----- Provided information -----
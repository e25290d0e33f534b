-- ===== src/Mcp/Listing.antt =====
-- What internal/mcp/server.go lists: the tools, the resources and the prompts.
pub mod Names
use yet_another_memory_bank.Common.{String, Bool, true, false, List, [], ◌∷◌, map, if◌then◌else◌}
use yet_another_memory_bank.Common.Json.{Value, boolean, string, list, dict}

-- A property of a tool's arguments, with the members of its schema.
pub record Property : Type 0 where
  pub name : String
  pub schema : List (String × Value)
  pub required : Bool

-- `schema`, from which `tool` deletes "x-required" where it is true
abbrev pub schema : String → String → Bool → Property
schema name type required = record {
  name = name;
  schema = ("type", string type) ∷ (if required then [] else ("x-required", boolean false) ∷ []);
  required = required;
}

abbrev pub array_schema : String → String → Bool → Property
array_schema name type required = record {
  name = name;
  schema = ("type", string "array") ∷ ("items", dict (("type", string type) ∷ [])) ∷ [];
  required = required;
}

abbrev pub required_names : List Property → List String
required_names [] = []
required_names (p ∷ ps) = if p.required then p.name ∷ required_names ps else required_names ps

pub record Tool : Type 0 where
  pub name : String
  pub description : String
  pub properties : List Property

-- `tool`: the required names come in the order in which Go ranges over the map of the properties.
unfoldable pub tool_value : (List String → List String) → Tool → Value
tool_value range t = dict (
    ("name", string t.name)
    ∷ ("description", string t.description)
    ∷ (
      "inputSchema",
      dict (
          ("type", string "object")
          ∷ ("properties", dict (map (λ p. (p.name, dict p.schema)) t.properties))
          ∷ ("required", list (map string (range (required_names t.properties))))
          ∷ []),
    )
    ∷ [])

abbrev pub tool : String → String → List Property → Tool
tool name description properties = record {
  name = name;
  description = description;
  properties = properties;
}

unfoldable pub tools : List Tool
tools =
    tool "memory_recall"
      "Search project memories and refresh access metadata for returned memories."
      (schema "query" "string" true
        ∷ schema "project" "string" false
        ∷ schema "limit" "integer" false
        ∷ [])
    ∷ tool "memory_save" "Save a durable memory fact for the current project." (
        schema "text" "string" true
        ∷ schema "tier" "string" false
        ∷ schema "project" "string" false
        ∷ schema "importance" "number" false
        ∷ schema "session_id" "string" false
        ∷ [])
    ∷ tool "memory_search" "Search project memories without refreshing access metadata." (
        schema "query" "string" true
        ∷ schema "project" "string" false
        ∷ schema "limit" "integer" false
        ∷ [])
    ∷ tool "memory_sessions" "List captured sessions for a project."
        (schema "project" "string" false ∷ schema "limit" "integer" false ∷ [])
    ∷ tool "memory_session_observations" "List decoded observations captured for a session."
        (schema "session_id" "string" true ∷ schema "limit" "integer" false ∷ [])
    ∷ tool "memory_forget" "Dry-run by query or delete explicitly confirmed memory IDs." (
        schema "query" "string" false
        ∷ schema "project" "string" false
        ∷ schema "dry_run" "boolean" false
        ∷ array_schema "ids" "integer" false
        ∷ schema "confirm" "boolean" false
        ∷ schema "limit" "integer" false
        ∷ [])
    ∷ tool "memory_profile" "Return aggregate memory and capture statistics for a project."
        (schema "project" "string" false ∷ [])
    ∷ tool "memory_session_summary_save" "Save a concise compaction summary for a captured session."
        (schema "session_id" "string" true ∷ schema "summary" "string" true ∷ [])
    ∷ tool "memory_supersede" "Mark an old memory as superseded by a newer memory."
        (schema "old_id" "integer" true ∷ schema "new_id" "integer" true ∷ [])
    ∷ tool "memory_update" "Edit an existing memory's text, tier, or importance." (
        schema "id" "integer" true
        ∷ schema "text" "string" false
        ∷ schema "tier" "string" false
        ∷ schema "importance" "number" false
        ∷ [])
    ∷ tool "memory_timeline"
        "Return chronological memories and observations for a project or session."
        (schema "project" "string" false
          ∷ schema "session_id" "string" false
          ∷ schema "limit" "integer" false
          ∷ [])
    ∷ tool "memory_file_history" "Return memories and observations related to file paths." (
        schema "project" "string" false
        ∷ array_schema "files" "string" true
        ∷ schema "limit" "integer" false
        ∷ [])
    ∷ tool "memory_patterns"
        "Aggregate recurring tools, observation kinds, and files for a project."
        (schema "project" "string" false ∷ schema "limit" "integer" false ∷ [])
    ∷ tool "memory_export" "Export project memories, sessions, and observations as JSON."
        (schema "project" "string" false ∷ schema "limit" "integer" false ∷ [])
    ∷ tool "memory_audit" "List memory mutation audit events."
        (schema "memory_id" "integer" false ∷ schema "limit" "integer" false ∷ [])
    ∷ tool "memory_verify" "Trace a memory back to source session observations and audit events."
        (schema "id" "integer" true ∷ [])
    ∷ tool "memory_replay" "Return ordered replay records for a captured session."
        (schema "session_id" "string" true ∷ schema "limit" "integer" false ∷ [])
    ∷ []

abbrev pub resource : String → String → String → Value
resource uri name description = dict (
    ("uri", string uri)
    ∷ ("name", string name)
    ∷ ("mimeType", string "application/json")
    ∷ ("description", string description)
    ∷ [])

unfoldable pub resources : List Value
resources =
    resource "mcb://status" "mcb status" "Counts and status for the memory bank."
    ∷ resource "mcb://project/{project}/profile" "project profile"
        "Aggregate memory and capture statistics for one project."
    ∷ resource "mcb://memories/latest" "latest memories"
        "Latest active memories for the default project."
    ∷ resource "mcb://sessions/latest" "latest sessions" "Latest sessions for the default project."
    ∷ resource "mcb://audit/latest" "latest audit events" "Latest memory mutation audit events."
    ∷ []

abbrev pub prompt : String → String → String → String → Bool → Value
prompt name description argument about required = dict (
    ("name", string name)
    ∷ ("description", string description)
    ∷ (
      "arguments",
      list (
          dict (
            ("name", string argument)
            ∷ ("description", string about)
            ∷ ("required", boolean required)
            ∷ [])
          ∷ []),
    )
    ∷ [])

unfoldable pub prompts : List Value
prompts =
    prompt "recall_context" "Search mcb memory and produce compact task context." "query"
      "Task or question to recall context for." true
    ∷ prompt "session_handoff"
        "Prepare a concise handoff summary for another agent or future session." "session_id"
        "Normalized session ID to summarize." false
    ∷ []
-----
§ **About this task**
Repeat the listing in its entirety, keeping each line as it is.

§ **Exercise answer**
repository e25290d0e33f534b
-- ===== src/Mcp/Listing.antt =====
-- What internal/mcp/server.go lists: the tools, the resources and the prompts.
pub mod Names
use yet_another_memory_bank.Common.{String, Bool, true, false, List, [], ◌∷◌, map, if◌then◌else◌}
use yet_another_memory_bank.Common.Json.{Value, boolean, string, list, dict}

-- A property of a tool's arguments, with the members of its schema.
pub record Property : Type 0 where
  pub name : String
  pub schema : List (String × Value)
  pub required : Bool

-- `schema`, from which `tool` deletes "x-required" where it is true
abbrev pub schema : String → String → Bool → Property
schema name type required = record {
  name = name;
  schema = ("type", string type) ∷ (if required then [] else ("x-required", boolean false) ∷ []);
  required = required;
}

abbrev pub array_schema : String → String → Bool → Property
array_schema name type required = record {
  name = name;
  schema = ("type", string "array") ∷ ("items", dict (("type", string type) ∷ [])) ∷ [];
  required = required;
}

abbrev pub required_names : List Property → List String
required_names [] = []
required_names (p ∷ ps) = if p.required then p.name ∷ required_names ps else required_names ps

pub record Tool : Type 0 where
  pub name : String
  pub description : String
  pub properties : List Property

-- `tool`: the required names come in the order in which Go ranges over the map of the properties.
unfoldable pub tool_value : (List String → List String) → Tool → Value
tool_value range t = dict (
    ("name", string t.name)
    ∷ ("description", string t.description)
    ∷ (
      "inputSchema",
      dict (
          ("type", string "object")
          ∷ ("properties", dict (map (λ p. (p.name, dict p.schema)) t.properties))
          ∷ ("required", list (map string (range (required_names t.properties))))
          ∷ []),
    )
    ∷ [])

abbrev pub tool : String → String → List Property → Tool
tool name description properties = record {
  name = name;
  description = description;
  properties = properties;
}

unfoldable pub tools : List Tool
tools =
    tool "memory_recall"
      "Search project memories and refresh access metadata for returned memories."
      (schema "query" "string" true
        ∷ schema "project" "string" false
        ∷ schema "limit" "integer" false
        ∷ [])
    ∷ tool "memory_save" "Save a durable memory fact for the current project." (
        schema "text" "string" true
        ∷ schema "tier" "string" false
        ∷ schema "project" "string" false
        ∷ schema "importance" "number" false
        ∷ schema "session_id" "string" false
        ∷ [])
    ∷ tool "memory_search" "Search project memories without refreshing access metadata." (
        schema "query" "string" true
        ∷ schema "project" "string" false
        ∷ schema "limit" "integer" false
        ∷ [])
    ∷ tool "memory_sessions" "List captured sessions for a project."
        (schema "project" "string" false ∷ schema "limit" "integer" false ∷ [])
    ∷ tool "memory_session_observations" "List decoded observations captured for a session."
        (schema "session_id" "string" true ∷ schema "limit" "integer" false ∷ [])
    ∷ tool "memory_forget" "Dry-run by query or delete explicitly confirmed memory IDs." (
        schema "query" "string" false
        ∷ schema "project" "string" false
        ∷ schema "dry_run" "boolean" false
        ∷ array_schema "ids" "integer" false
        ∷ schema "confirm" "boolean" false
        ∷ schema "limit" "integer" false
        ∷ [])
    ∷ tool "memory_profile" "Return aggregate memory and capture statistics for a project."
        (schema "project" "string" false ∷ [])
    ∷ tool "memory_session_summary_save" "Save a concise compaction summary for a captured session."
        (schema "session_id" "string" true ∷ schema "summary" "string" true ∷ [])
    ∷ tool "memory_supersede" "Mark an old memory as superseded by a newer memory."
        (schema "old_id" "integer" true ∷ schema "new_id" "integer" true ∷ [])
    ∷ tool "memory_update" "Edit an existing memory's text, tier, or importance." (
        schema "id" "integer" true
        ∷ schema "text" "string" false
        ∷ schema "tier" "string" false
        ∷ schema "importance" "number" false
        ∷ [])
    ∷ tool "memory_timeline"
        "Return chronological memories and observations for a project or session."
        (schema "project" "string" false
          ∷ schema "session_id" "string" false
          ∷ schema "limit" "integer" false
          ∷ [])
    ∷ tool "memory_file_history" "Return memories and observations related to file paths." (
        schema "project" "string" false
        ∷ array_schema "files" "string" true
        ∷ schema "limit" "integer" false
        ∷ [])
    ∷ tool "memory_patterns"
        "Aggregate recurring tools, observation kinds, and files for a project."
        (schema "project" "string" false ∷ schema "limit" "integer" false ∷ [])
    ∷ tool "memory_export" "Export project memories, sessions, and observations as JSON."
        (schema "project" "string" false ∷ schema "limit" "integer" false ∷ [])
    ∷ tool "memory_audit" "List memory mutation audit events."
        (schema "memory_id" "integer" false ∷ schema "limit" "integer" false ∷ [])
    ∷ tool "memory_verify" "Trace a memory back to source session observations and audit events."
        (schema "id" "integer" true ∷ [])
    ∷ tool "memory_replay" "Return ordered replay records for a captured session."
        (schema "session_id" "string" true ∷ schema "limit" "integer" false ∷ [])
    ∷ []

abbrev pub resource : String → String → String → Value
resource uri name description = dict (
    ("uri", string uri)
    ∷ ("name", string name)
    ∷ ("mimeType", string "application/json")
    ∷ ("description", string description)
    ∷ [])

unfoldable pub resources : List Value
resources =
    resource "mcb://status" "mcb status" "Counts and status for the memory bank."
    ∷ resource "mcb://project/{project}/profile" "project profile"
        "Aggregate memory and capture statistics for one project."
    ∷ resource "mcb://memories/latest" "latest memories"
        "Latest active memories for the default project."
    ∷ resource "mcb://sessions/latest" "latest sessions" "Latest sessions for the default project."
    ∷ resource "mcb://audit/latest" "latest audit events" "Latest memory mutation audit events."
    ∷ []

abbrev pub prompt : String → String → String → String → Bool → Value
prompt name description argument about required = dict (
    ("name", string name)
    ∷ ("description", string description)
    ∷ (
      "arguments",
      list (
          dict (
            ("name", string argument)
            ∷ ("description", string about)
            ∷ ("required", boolean required)
            ∷ [])
          ∷ []),
    )
    ∷ [])

unfoldable pub prompts : List Value
prompts =
    prompt "recall_context" "Search mcb memory and produce compact task context." "query"
      "Task or question to recall context for." true
    ∷ prompt "session_handoff"
        "Prepare a concise handoff summary for another agent or future session." "session_id"
        "Normalized session ID to summarize." false
    ∷ []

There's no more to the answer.